Private Equity 2025

Last Updated September 11, 2025

USA – Illinois

Trends and Developments


Authors



Much Shelist, P.C. is a firm of approximately 100 attorneys who focus on business counselling, transactional law and litigation for businesses of all sizes. The firm has offices in Chicago, Illinois and Newport Beach, California. Clients include financial institutions, private equity groups, public and private companies, middle-market businesses, families and high net worth individuals. Much attorneys help private equity funds and their portfolio companies do what they do best: acquire, build and sell entrepreneurial businesses across the country. With more than half a trillion dollars invested by private equity companies in American businesses each year, Much helps make these investments successful. Because Much attorneys intimately understand the needs of both the private equity firm and the entrepreneurial business, they are well positioned to negotiate and close deals on an efficient and value-added basis. The team offers services in platform acquisitions, add-on acquisitions, leveraged recapitalisations, management buyouts and more.

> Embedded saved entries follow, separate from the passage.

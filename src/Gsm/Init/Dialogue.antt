-- ===== src/Gsm/Init/Dialogue.antt =====
-- The dialogue that brings a module up, from the question for its manufacturer on, through
-- `gsm_check_event` of src/libgsmat/gsm.c, with the commands as they are by default.
use chan_extra.Prelude.{
  ℕ, zero, suc, ◌∙◌, ◌≡◌, refl, ap, true, false, List, [], ◌∷◌, ◌++◌, append-nil, append_assoc, sym,
  replicate, map,
}
use chan_extra.Config.Commands.{
  AtId, at_ask_net, at_ask_net_name, at_ask_pin, at_clip_enabled, at_dtr_wakeup, at_get_imei,
  at_get_manufacturer, at_get_smsc, at_get_version, at_gsm, at_imsi, at_moc_enabled, at_mode,
  at_net_name, at_net_ok, at_rssi_enabled, at_set_net_urc, at_set_side_tone, at_sms_set_charset,
}
use chan_extra.Config.File.{default_value}
use chan_extra.Gsm.State.{
  ModuleState, gsm_event_dchan_up, gsm_state_manufacturer_req, gsm_state_net_name_req,
  gsm_state_net_req, gsm_state_ready,
}
use chan_extra.Gsm.San.{arrays_fit, cr_of, gsm_san, out_text, san_add, san_rest, skip_of}
use chan_extra.Gsm.Module.{Env, Gsm, simple}
use chan_extra.Gsm.Start.{returned}
use chan_extra.Gsm.Talk.{lose_call, no_carrier}
use chan_extra.Gsm.Receive.{after_line, check_lost, gsm_check_event, receive_line}
use chan_extra.Gsm.Receive.Converse.{converse, goes_on, module_of}
use chan_extra.Gsm.Init.Exchange.{
  AllLead, Exchange, Leads, all_sent, first_answers, last_answers, last_command, last_state,
  net_named, searching, sent_text, texts, waits_for,
}

first_answers-lead :
    (env : Env)
    → AllLead
        (record env { cfgs = []; accepts = λ text. true })
        gsm_state_manufacturer_req
        at_get_manufacturer
        first_answers
unfolding waits_for gsm_check_event gsm_san san_add skip_of cr_of san_rest check_lost default_value
    no_carrier lose_call after_line receive_line arrays_fit out_text
first_answers-lead env = (
  (λ g. (refl, refl)),
  (
    (λ g. (refl, refl)),
    (
      (λ g. (refl, refl)),
      (
        (λ g. (refl, refl)),
        (
          (λ g. (refl, refl)),
          (
            (λ g. (refl, refl)),
            (
              (λ g. (refl, refl)),
              (
                (λ g. (refl, refl)),
                ((λ g. (refl, refl)), ((λ g. (refl, refl)), ((λ g. (refl, refl)), tt))),
              ),
            ),
          ),
        ),
      ),
    ),
  ),
)

searching-Leads :
    (env : Env)
    → Leads
        (record env { cfgs = []; accepts = λ text. true })
        gsm_state_net_req
        at_ask_net
        searching
unfolding waits_for gsm_check_event gsm_san san_add skip_of cr_of san_rest check_lost default_value
    no_carrier lose_call after_line receive_line arrays_fit out_text
searching-Leads env g = (refl, sym (append-nil g.sent))

last_answers-lead :
    (env : Env)
    → AllLead
        (record env { cfgs = []; accepts = λ text. true })
        gsm_state_net_req
        at_ask_net
        last_answers
unfolding waits_for gsm_check_event gsm_san san_add skip_of cr_of san_rest check_lost default_value
    no_carrier lose_call after_line receive_line arrays_fit out_text
last_answers-lead env = (
  (λ g. (refl, refl)),
  (
    (λ g. (refl, refl)),
    ((λ g. (refl, refl)), ((λ g. (refl, refl)), ((λ g. (refl, refl)), ((λ g. (refl, refl)), tt)))),
  ),
)

-- The name of the network is the last answer, after which the module is ready.
net_named-ends :
    (env : Env) (g : Gsm)
    → let env' : Env = record env { cfgs = []; accepts = λ text. true } in
      let r = gsm_check_event env' (waits_for gsm_state_net_name_req at_ask_net_name g) net_named in
      (r ≡ returned true (module_of g r))
      × ((module_of g r).state ≡ gsm_state_ready)
      × ((module_of g r).ev ≡ simple gsm_event_dchan_up)
      × ((module_of g r).sent ≡ g.sent ++ (sent_text at_net_name ∷ []))
unfolding waits_for gsm_check_event gsm_san san_add skip_of cr_of san_rest check_lost default_value
    no_carrier lose_call after_line receive_line arrays_fit out_text
net_named-ends env g = (refl, refl, refl, refl)

-- What comes in before other texts leads the module there, with all of it sent.
converse-lead :
    (env : Env) (state : ModuleState) (asked : AtId) (xs : List Exchange) (rest : List (List ℕ))
    → AllLead env state asked xs
    → (g : Gsm)
    → (h : Gsm) × (converse env (waits_for state asked g) (texts xs ++ rest)
        ≡ converse env (waits_for (last_state state xs) (last_command asked xs) h) rest)
      × (h.sent ≡ g.sent ++ all_sent xs)
unfolding converse
converse-lead env state asked [] rest lead g = (g, refl, sym (append-nil g.sent))
converse-lead env state asked (x ∷ xs) rest lead g =
    let (e, sent) = lead.0 g in
    let after = module_of g (gsm_check_event env (waits_for state asked g) x.text) in
    let (h, e', sent') = converse-lead env x.next x.command xs rest lead.1 after in
    (
      h,
      ap (λ r. goes_on r (λ k. converse env k (texts xs ++ rest))) e ∙ e',
      sent' ∙ ap (λ l. l ++ all_sent xs) sent ∙ append_assoc g.sent x.sends (all_sent xs),
    )

converse-searching :
    (env : Env) (n : ℕ) (rest : List (List ℕ))
    → Leads env gsm_state_net_req at_ask_net searching
    → (g : Gsm)
    → (h : Gsm) × (converse env
          (waits_for gsm_state_net_req at_ask_net g)
          (replicate n searching.text ++ rest)
        ≡ converse env (waits_for gsm_state_net_req at_ask_net h) rest)
      × (h.sent ≡ g.sent)
unfolding converse
converse-searching env zero rest lead g = (g, refl, refl)
converse-searching env (suc n) rest lead g =
    let (e, sent) = lead g in
    let after =
      module_of g (gsm_check_event env (waits_for gsm_state_net_req at_ask_net g) searching.text) in
    let (h, e', sent') = converse-searching env n rest lead after in
    (
      h,
      ap (λ r. goes_on r (λ k. converse env k (replicate n searching.text ++ rest))) e ∙ e',
      sent' ∙ sent ∙ append-nil g.sent,
    )

-- The commands from the question for the version on, as they are sent.
abbrev pub commands : List (List ℕ)
commands = map sent_text (
    at_get_version ∷ at_get_imei ∷ at_ask_pin ∷ at_imsi ∷ at_moc_enabled ∷ at_set_side_tone
    ∷ at_clip_enabled ∷ at_dtr_wakeup ∷ at_rssi_enabled ∷ at_set_net_urc ∷ at_ask_net ∷ at_net_ok
    ∷ at_get_smsc ∷ at_sms_set_charset ∷ at_mode ∷ at_gsm ∷ at_ask_net_name ∷ at_net_name ∷ [])

-- A module that waits for the answer to the question for its manufacturer, with no level to set, its
-- multiplexer already running, no timer set, not resetting, nothing received yet and the end of a line
-- in `sanbuf`, comes up, where no file changes a command and all that is sent is taken, on these
-- answers: those of `first_answers`, with the SIM ready and no PIN asked for, then any number of times
-- that it searches for a network, then those of `last_answers`, with the home network, and at last the
-- name of the network. No text leads to an event before the last one; the library has then sent all the
-- commands of the dialogue, in order and once each, and no other, the module is ready, and the event is
-- that of a channel that is up.
pub gsm_check_event-comes_up :
    (env : Env) (g : Gsm) (n : ℕ)
    → let env' : Env = record env { cfgs = []; accepts = λ text. true } in
      let input =
        texts first_answers
        ++ (replicate n searching.text ++ (texts last_answers ++ (net_named ∷ []))) in
      (h : Gsm) × (converse env' (waits_for gsm_state_manufacturer_req at_get_manufacturer g) input
        ≡ returned true h)
      × (h.state ≡ gsm_state_ready)
      × (h.ev ≡ simple gsm_event_dchan_up)
      × (h.sent ≡ g.sent ++ commands)
unfolding converse
gsm_check_event-comes_up env g n =
    let env' : Env = record env { cfgs = []; accepts = λ text. true } in
    let rest = texts last_answers ++ (net_named ∷ []) in
    let (h1, e1, sent1) =
      converse-lead env' gsm_state_manufacturer_req at_get_manufacturer first_answers
        (replicate n searching.text ++ rest) (first_answers-lead env) g in
    let (h2, e2, sent2) = converse-searching env' n rest (searching-Leads env) h1 in
    let (h3, e3, sent3) =
      converse-lead env' gsm_state_net_req at_ask_net last_answers (net_named ∷ [])
        (last_answers-lead env) h2 in
    let (e4, ready, up, sent4) = net_named-ends env h3 in
    let last_module =
      module_of h3
        (gsm_check_event env' (waits_for gsm_state_net_name_req at_ask_net_name h3) net_named) in
    (
      last_module,
      e1 ∙ e2 ∙ e3 ∙ ap (λ r. goes_on r (λ k. returned false k)) e4,
      ready,
      up,
      sent4
          ∙ ap (λ l. l ++ (sent_text at_net_name ∷ []))
              (sent3 ∙ ap (λ l. l ++ all_sent last_answers) (sent2 ∙ sent1))
          ∙ ap (λ l. l ++ (sent_text at_net_name ∷ []))
              (append_assoc g.sent (all_sent first_answers) (all_sent last_answers))
          ∙ append_assoc g.sent (all_sent first_answers ++ all_sent last_answers)
              (sent_text at_net_name ∷ []),
    )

Trends and Developments in Private Equity and M&A in the United States and Illinois: The Middle Market’s Moment

In the wake of a subdued 2024 and a slow start to 2025, there has been a steady uptick in M&A deal activity, particularly in the middle market. Over the past several months, deal flow has vastly increased across most markets, and industry participants – including funds, sponsors and strategics – appear increasingly optimistic about a more robust M&A environment for the remainder of 2025 and into 2026.

The tension between optimism for future deal flow and the drag of existing portfolio overhang was a defining feature of the M&A market of the past few years. Although there were several instances when the M&A market was poised to jump forward, certain macro-economic policies and political realities restrained growth. However, the story of this recent rebound appears to have significant tailwinds and is shaped by various market factors, including: (i) extended fund life cycles pressuring exits and promised returns to investors, (ii) a narrowing of valuation expectation gaps between buyers and sellers, which has persisted since the frothy pandemic M&A market of 2020-2022, (iii) post-pandemic revenue normalisation, which led to right-sized valuations, (iv) aggressive activity from strategics in certain sectors, (v) cooling of tariff-related issues and a strong belief that interest rates will be reduced in the near term, and (vi) a wide-ranging confidence in the continued growth of the economy.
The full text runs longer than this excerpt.